8. The image rendering method according to claim 7, wherein the mesh to be rendered is divided into a plurality of sub-meshes, each sub-mesh is associated with different rendering style information, the obtaining vertex identifications corresponding to the associated rendering style information according to the second mesh identifications includes:

acquiring a sub-grid identification for marking the sub-grid;

and splicing the second grid identification and the sub-grid identification to obtain vertex identifications corresponding to the associated rendering style information.

9. An image rendering method, comprising:

10. The image rendering method according to claim 9, wherein the screening out the target pixel segments corresponding to the rendering style information according to the vertex identifications to render includes:

rasterizing each vertex in the target grid to obtain a plurality of candidate pixel fragments, wherein fragment attributes of the candidate pixel fragments comprise fragment identifications, and the fragment identifications are interpolated by the vertex identifications of the corresponding vertices;

And carrying out consistency matching on the segment identification and the vertex identification in the current rendering style information, determining the candidate pixel segment as a target pixel segment when the matching result is consistent, and rendering the target pixel segment.

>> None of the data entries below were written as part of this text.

-- ===== src/Contexts/Statements.antt =====
-- The service's calls as sequences of the statements that write. Statements of several calls may
-- interleave in any order.
use warp_work.Base.{
  ℕ, ◌≡◌, refl, Bool, true, false, Option, none, some, sym, subst, arith, inl, inr,
}
use warp_work.Base.Result.{Result}
use warp_work.Base.Act.{pure, fail, lift, ◌>>=◌}
use warp_work.Base.Act.Moves.{
  Moves, Moves-pure, Moves-fail, Moves-lift, Moves-wrapping, Moves-if, Moves-bind,
}
use warp_work.Store.{Env, World, Query, run, db-run, new_v7}
use warp_work.Store.Contexts.{
  ContextDb, NewContext, ContextChange, create_context, get_context, count_live_children,
  archive_context, next_context_position, update_context,
}
use warp_work.Store.Contexts.Tree.{is_descendant}
use warp_work.Contexts.{
  Contexts, CreateParams, ContextError, create, update, archive, get, get_own, check_parent,
  check_new_parent, check_no_live_children, check_move, check_archiving,
}

-- A statement of a user's call, at any time of the database.
pub data Step : ℕ → ContextDb → ContextDb → Type 0 where
  creates :
      {user_id : ℕ} (arg : NewContext) (at : ℕ) (db : ContextDb)
      → arg.user_id ≡ user_id
      → Step user_id db (create_context arg at db).1
  updates :
      {user_id : ℕ} (id : ℕ) (arg : ContextChange) (at : ℕ) (db : ContextDb)
      → Step user_id db (update_context id user_id arg at db).1
  archives :
      {user_id : ℕ} (id at : ℕ) (db : ContextDb)
      → Step user_id db (archive_context id user_id at db).1

-- Statements one after the other, of the users that satisfy `P`.
pub data Run (P : ℕ → Type 0) : ContextDb → ContextDb → Type 0 where
  here : {db : ContextDb} → Run P db db
  next : {a b c : ContextDb} {user_id : ℕ} → P user_id → Run P a b → Step user_id b c → Run P a c

Run-trans : {P : ℕ → Type 0} {a b c : ContextDb} → Run P a b → Run P b c → Run P a c
Run-trans r here = r
Run-trans r (next p s t) = next p (Run-trans r s) t

module _ (user_id : ℕ) where
  -- The statements of one user.
  abbrev pub Runs : World ContextDb → World ContextDb → Type 0
  Runs w w' = Run (λ u. u ≡ user_id) w.db w'.db

  Runs-refl : (w : World ContextDb) → Runs w w
  Runs-refl w = here

  Runs-trans : (a b c : World ContextDb) → Runs a b → Runs b c → Runs a c
  Runs-trans a b c r s = Run-trans r s

module _ (env : Env) (user_id : ℕ) where
  run-Moves :
      {A : Type 0} (q : Query ContextDb A)
      → ((at : ℕ) (db : ContextDb) → Run (λ u. u ≡ user_id) db (q at db).1)
      → Moves (Runs user_id) (run env q)
  run-Moves q h = record {
    at = λ w. elim (db-run env q w) [
      | inl e ↦ subst (Run _ w.db) (sym e) here
      | inr e ↦ subst (Run _ w.db) (sym e) (h (env.db_now w.calls) w.db)
    ];
  }

  new_v7-Moves : Moves (Runs user_id) (new_v7 env {E = ContextError})
  new_v7-Moves = record { at = λ w. here }

  get_context-Moves : (id : ℕ) → Moves (Runs user_id) (run env (get_context id))
  get_context-Moves id = run-Moves _ (λ at db. unfold get_context in here)

  count_live_children-Moves : (id : ℕ) → Moves (Runs user_id) (run env (count_live_children id))
  count_live_children-Moves id = run-Moves _ (λ at db. unfold count_live_children in here)

  is_descendant-Moves : (a b : ℕ) → Moves (Runs user_id) (run env (is_descendant a b))
  is_descendant-Moves a b = run-Moves _ (λ at db. unfold is_descendant in here)

  next_context_position_reads :
      (id at : ℕ) (db : ContextDb) → (next_context_position id at db).1 ≡ db
  unfolding next_context_position
  next_context_position_reads id at db = ground arith

  next_context_position-Moves : (id : ℕ) → Moves (Runs user_id) (run env (next_context_position id))
  next_context_position-Moves id =
      run-Moves _ (λ at db. subst (Run _ db) (sym (next_context_position_reads id at db)) here)

  writes :
      {A : Type 0} (q : Query ContextDb A)
      → ((at : ℕ) (db : ContextDb) → Step user_id db (q at db).1)
      → Moves (Runs user_id) (run env q)
  writes q h = run-Moves q (λ at db. next refl here (h at db))

  create_context-Moves :
      (arg : NewContext)
      → arg.user_id ≡ user_id
      → Moves (Runs user_id) (run env (create_context arg))
  create_context-Moves arg e = writes (create_context arg) (λ at db. creates arg at db e)

  update_context-Moves :
      (id : ℕ) (arg : ContextChange)
      → Moves (Runs user_id) (run env (update_context id user_id arg))
  update_context-Moves id arg =
      writes (update_context id user_id arg) (λ at db. updates id arg at db)

  archive_context-Moves : (id : ℕ) → Moves (Runs user_id) (run env (archive_context id user_id))
  archive_context-Moves id = writes (archive_context id user_id) (λ at db. archives id at db)

  module _ {A : Type 0} where
    pure-Moves : (a : A) → Moves (Runs user_id) (pure {E = ContextError} a)
    pure-Moves = Moves-pure (Runs-refl user_id)

    fail-Moves : (e : ContextError) → Moves (Runs user_id) (fail {A = A} e)
    fail-Moves = Moves-fail (Runs-refl user_id)

    lift-Moves : (r : Result ContextError A) → Moves (Runs user_id) (lift r)
    lift-Moves = Moves-lift (Runs-refl user_id)

  bind-Moves :
      {A B : Type 0} (m : Contexts A) (f : A → Contexts B)
      → Moves (Runs user_id) m
      → ((a : A) → Moves (Runs user_id) (f a))
      → Moves (Runs user_id) (m >>= f)
  bind-Moves = Moves-bind (Runs-refl user_id) (Runs-trans user_id)

  ruleset statements = (
    pure-Moves, fail-Moves, lift-Moves, Moves-wrapping, Moves-if, bind-Moves, new_v7-Moves,
    get_context-Moves, count_live_children-Moves, is_descendant-Moves, next_context_position-Moves,
    create_context-Moves, update_context-Moves, archive_context-Moves,
  )

  get_own-Moves :
      (outcome : ContextError) (id : ℕ) → Moves (Runs user_id) (get_own env outcome user_id id)
  unfolding get_own
  get_own-Moves outcome id = search statements depth 8

  check_no_live_children-Moves : (id : ℕ) → Moves (Runs user_id) (check_no_live_children env id)
  unfolding check_no_live_children
  check_no_live_children-Moves id = search statements depth 8

  check_new_parent-Moves :
      (id parent_id : ℕ) → Moves (Runs user_id) (check_new_parent env user_id id parent_id)
  unfolding check_new_parent
  check_new_parent-Moves id parent_id = search (statements, get_own-Moves) depth 10

  check_move-Moves :
      (id : ℕ) (set : Bool) (parent_id : Option ℕ)
      → Moves (Runs user_id) (check_move env user_id id set parent_id)
  unfolding check_move
  check_move-Moves id true (some parent_id) = check_new_parent-Moves id parent_id
  check_move-Moves id true none = pure-Moves tt
  check_move-Moves id false parent_id = pure-Moves tt

  check_archiving-Moves :
      (id : ℕ) (archived : Option Bool) → Moves (Runs user_id) (check_archiving env id archived)
  unfolding check_archiving
  check_archiving-Moves id (some true) = check_no_live_children-Moves id
  check_archiving-Moves id (some false) = pure-Moves tt
  check_archiving-Moves id none = pure-Moves tt

  check_parent-Moves :
      (parent_id : Option ℕ) → Moves (Runs user_id) (check_parent env user_id parent_id)
  unfolding check_parent
  check_parent-Moves none = pure-Moves tt
  check_parent-Moves (some parent_id) = search (statements, get_own-Moves) depth 8

  ruleset checks = (
    get_own-Moves, check_no_live_children-Moves, check_move-Moves, check_archiving-Moves,
    check_parent-Moves,
  )

  pub create-Moves : (arg : CreateParams) → Moves (Runs user_id) (create env user_id arg)
  unfolding create
  create-Moves arg = search (statements, checks) depth 16

  pub update-Moves :
      (id : ℕ) (arg : ContextChange) → Moves (Runs user_id) (update env user_id id arg)
  unfolding update get
  update-Moves id arg = search (statements, checks) depth 16

  pub archive-Moves : (id : ℕ) → Moves (Runs user_id) (archive env user_id id)
  unfolding archive get
  archive-Moves id = search (statements, checks) depth 12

11. The image rendering method of claim 10, wherein the consistency matching of the segment identification with the vertex identification in the current rendering style information comprises:

creating a global variable in a rendering pipeline, acquiring the vertex identification from the current rendering style information, and assigning the global variable as the vertex identification;

12. The image rendering method according to claim 10, characterized in that the image rendering method further comprises:

when the matching result is inconsistent, calling a discarding function in a fragment shader, and cutting the candidate pixel fragments based on the discarding function;

13. An image rendering apparatus, comprising:

an information acquisition module: the method comprises the steps of obtaining a plurality of grids to be rendered and rendering style information associated with each grid to be rendered;

and a grid merging module: the method comprises the steps of merging a plurality of grids to be rendered to obtain at least one target grid, and configuring the target grid into grids commonly referenced by the corresponding rendering style information;

a rendering information sending module: and the target pixel segments are obtained based on target vertex conversion in the target grid, and the target vertex and the rendering style information have the same vertex identification.

14. An image rendering apparatus, comprising:

and a rendering module: and the target pixel fragments are obtained by converting target vertexes in the target grids, and the target vertexes and the rendering style information have the same vertex identification.

15. An electronic device comprising a memory and a processor, the memory storing a computer program, characterized in that the processor implements the image rendering method of any one of claims 1 to 12 when executing the computer program.

16. A computer-readable storage medium storing a computer program, characterized in that the computer program, when executed by a processor, implements the image rendering method of any one of claims 1 to 12.